» **Your task**
Lines of the material that include the string "node" should be returned.

Records to process START

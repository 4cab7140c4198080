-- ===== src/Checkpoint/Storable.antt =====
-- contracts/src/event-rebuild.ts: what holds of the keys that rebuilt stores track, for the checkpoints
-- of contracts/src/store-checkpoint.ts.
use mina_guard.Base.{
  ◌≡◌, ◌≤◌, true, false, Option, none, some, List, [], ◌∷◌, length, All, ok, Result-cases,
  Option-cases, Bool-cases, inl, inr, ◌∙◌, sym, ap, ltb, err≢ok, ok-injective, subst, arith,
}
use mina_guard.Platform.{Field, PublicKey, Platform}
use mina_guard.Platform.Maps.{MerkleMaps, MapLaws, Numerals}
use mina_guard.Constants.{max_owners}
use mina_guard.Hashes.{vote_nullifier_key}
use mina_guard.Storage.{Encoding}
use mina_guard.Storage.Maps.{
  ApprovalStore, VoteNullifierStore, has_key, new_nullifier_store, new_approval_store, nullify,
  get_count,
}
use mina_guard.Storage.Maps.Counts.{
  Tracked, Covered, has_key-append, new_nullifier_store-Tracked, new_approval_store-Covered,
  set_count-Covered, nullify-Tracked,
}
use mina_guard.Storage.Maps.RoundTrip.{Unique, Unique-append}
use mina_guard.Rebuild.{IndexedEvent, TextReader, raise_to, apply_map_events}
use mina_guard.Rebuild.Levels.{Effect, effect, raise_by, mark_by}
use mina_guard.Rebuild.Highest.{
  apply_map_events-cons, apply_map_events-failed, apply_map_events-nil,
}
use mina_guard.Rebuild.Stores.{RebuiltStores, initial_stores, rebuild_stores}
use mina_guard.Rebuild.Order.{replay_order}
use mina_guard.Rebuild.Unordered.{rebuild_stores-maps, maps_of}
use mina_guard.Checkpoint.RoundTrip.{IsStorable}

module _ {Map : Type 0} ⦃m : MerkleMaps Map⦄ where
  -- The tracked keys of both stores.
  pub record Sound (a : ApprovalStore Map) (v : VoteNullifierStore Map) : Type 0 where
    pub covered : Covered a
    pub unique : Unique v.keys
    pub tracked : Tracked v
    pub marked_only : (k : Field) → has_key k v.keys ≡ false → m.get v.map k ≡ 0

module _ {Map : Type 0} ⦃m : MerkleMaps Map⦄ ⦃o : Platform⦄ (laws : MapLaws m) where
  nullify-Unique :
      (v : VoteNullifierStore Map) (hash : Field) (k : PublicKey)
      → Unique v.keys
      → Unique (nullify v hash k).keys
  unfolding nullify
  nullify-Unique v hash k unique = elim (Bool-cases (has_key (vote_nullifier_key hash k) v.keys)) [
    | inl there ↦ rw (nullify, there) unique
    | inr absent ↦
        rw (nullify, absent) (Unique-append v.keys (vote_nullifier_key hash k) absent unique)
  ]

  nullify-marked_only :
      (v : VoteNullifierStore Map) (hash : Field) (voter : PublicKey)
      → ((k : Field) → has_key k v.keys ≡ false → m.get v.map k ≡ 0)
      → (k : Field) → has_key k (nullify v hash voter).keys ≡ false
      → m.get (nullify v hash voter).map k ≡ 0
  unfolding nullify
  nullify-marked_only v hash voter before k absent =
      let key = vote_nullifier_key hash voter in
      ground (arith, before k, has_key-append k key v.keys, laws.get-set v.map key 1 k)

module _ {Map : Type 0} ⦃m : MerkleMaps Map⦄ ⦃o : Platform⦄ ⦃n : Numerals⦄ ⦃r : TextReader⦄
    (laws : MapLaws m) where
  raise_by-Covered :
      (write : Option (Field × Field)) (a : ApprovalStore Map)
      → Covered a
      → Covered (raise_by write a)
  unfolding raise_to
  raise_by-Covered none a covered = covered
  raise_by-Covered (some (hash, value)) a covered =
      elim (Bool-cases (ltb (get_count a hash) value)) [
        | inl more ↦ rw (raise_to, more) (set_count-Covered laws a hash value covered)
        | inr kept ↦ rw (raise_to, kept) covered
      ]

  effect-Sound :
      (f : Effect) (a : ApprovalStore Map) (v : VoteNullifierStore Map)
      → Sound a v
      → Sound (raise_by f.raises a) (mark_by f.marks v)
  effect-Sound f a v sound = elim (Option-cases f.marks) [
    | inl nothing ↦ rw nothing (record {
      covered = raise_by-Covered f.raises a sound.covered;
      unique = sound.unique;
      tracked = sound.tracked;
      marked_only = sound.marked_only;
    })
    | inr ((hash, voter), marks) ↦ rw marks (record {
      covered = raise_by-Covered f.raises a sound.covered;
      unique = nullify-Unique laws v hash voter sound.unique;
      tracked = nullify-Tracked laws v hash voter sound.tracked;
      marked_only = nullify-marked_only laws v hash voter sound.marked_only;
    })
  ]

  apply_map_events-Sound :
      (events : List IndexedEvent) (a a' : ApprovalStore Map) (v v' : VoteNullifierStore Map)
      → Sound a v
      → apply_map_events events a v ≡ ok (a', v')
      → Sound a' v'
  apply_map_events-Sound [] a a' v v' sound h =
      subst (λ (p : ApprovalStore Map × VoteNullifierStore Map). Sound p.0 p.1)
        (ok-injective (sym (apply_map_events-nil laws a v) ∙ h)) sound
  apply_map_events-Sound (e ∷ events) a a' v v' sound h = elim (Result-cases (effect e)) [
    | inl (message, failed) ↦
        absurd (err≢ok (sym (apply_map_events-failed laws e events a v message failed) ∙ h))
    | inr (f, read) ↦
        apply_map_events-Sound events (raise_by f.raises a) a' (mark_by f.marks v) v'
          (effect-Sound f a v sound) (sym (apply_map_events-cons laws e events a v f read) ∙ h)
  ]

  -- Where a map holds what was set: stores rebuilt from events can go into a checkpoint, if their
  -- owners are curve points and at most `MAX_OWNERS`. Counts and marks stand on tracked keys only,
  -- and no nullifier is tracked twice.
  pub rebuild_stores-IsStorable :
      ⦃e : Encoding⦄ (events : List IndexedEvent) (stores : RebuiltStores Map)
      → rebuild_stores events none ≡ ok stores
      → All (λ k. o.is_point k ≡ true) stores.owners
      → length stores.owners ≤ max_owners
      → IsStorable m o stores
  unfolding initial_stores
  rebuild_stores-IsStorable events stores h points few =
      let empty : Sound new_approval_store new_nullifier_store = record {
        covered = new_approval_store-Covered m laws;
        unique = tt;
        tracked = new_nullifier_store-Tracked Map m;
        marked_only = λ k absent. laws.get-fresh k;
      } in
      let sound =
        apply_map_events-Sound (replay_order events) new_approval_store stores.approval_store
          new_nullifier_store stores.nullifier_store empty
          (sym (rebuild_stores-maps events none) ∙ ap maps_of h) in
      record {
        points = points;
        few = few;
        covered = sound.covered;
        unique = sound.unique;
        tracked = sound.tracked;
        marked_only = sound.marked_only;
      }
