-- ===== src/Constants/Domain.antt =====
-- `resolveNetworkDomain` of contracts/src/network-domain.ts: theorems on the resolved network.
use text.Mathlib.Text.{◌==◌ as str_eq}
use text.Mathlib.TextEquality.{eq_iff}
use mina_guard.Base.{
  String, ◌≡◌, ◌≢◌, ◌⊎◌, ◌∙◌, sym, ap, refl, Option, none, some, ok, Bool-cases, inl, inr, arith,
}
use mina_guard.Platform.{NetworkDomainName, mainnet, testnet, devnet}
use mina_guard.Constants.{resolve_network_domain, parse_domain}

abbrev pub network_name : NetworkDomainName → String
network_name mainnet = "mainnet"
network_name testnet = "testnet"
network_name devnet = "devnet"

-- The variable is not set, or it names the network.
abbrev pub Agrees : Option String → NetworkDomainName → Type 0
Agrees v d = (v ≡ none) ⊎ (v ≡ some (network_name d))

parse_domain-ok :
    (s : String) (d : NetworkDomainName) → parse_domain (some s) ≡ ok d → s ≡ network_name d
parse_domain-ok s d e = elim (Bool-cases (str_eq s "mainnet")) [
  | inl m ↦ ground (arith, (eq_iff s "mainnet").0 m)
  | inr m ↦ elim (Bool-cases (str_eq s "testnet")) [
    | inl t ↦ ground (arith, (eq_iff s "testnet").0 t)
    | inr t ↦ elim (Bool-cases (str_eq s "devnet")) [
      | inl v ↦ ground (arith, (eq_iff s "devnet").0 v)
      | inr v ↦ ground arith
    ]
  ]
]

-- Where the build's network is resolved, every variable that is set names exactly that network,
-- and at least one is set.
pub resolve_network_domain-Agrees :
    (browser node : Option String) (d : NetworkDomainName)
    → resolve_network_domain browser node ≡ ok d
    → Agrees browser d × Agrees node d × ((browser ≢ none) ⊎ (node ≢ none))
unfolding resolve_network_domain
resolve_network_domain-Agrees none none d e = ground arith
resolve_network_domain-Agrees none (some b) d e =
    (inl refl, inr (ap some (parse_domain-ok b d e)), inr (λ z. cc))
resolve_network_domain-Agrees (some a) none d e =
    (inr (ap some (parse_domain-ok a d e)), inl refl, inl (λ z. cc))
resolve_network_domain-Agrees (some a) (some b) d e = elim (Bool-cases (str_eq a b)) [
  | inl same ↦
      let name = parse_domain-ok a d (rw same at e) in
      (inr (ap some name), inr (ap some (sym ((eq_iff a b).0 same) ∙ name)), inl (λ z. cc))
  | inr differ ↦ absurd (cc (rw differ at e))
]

Records to process END

» **Task output**
    (browser node : Option String) (d : NetworkDomainName)
    → resolve_network_domain browser node ≡ ok d
    → Agrees browser d × Agrees node d × ((browser ≢ none) ⊎ (node ≢ none))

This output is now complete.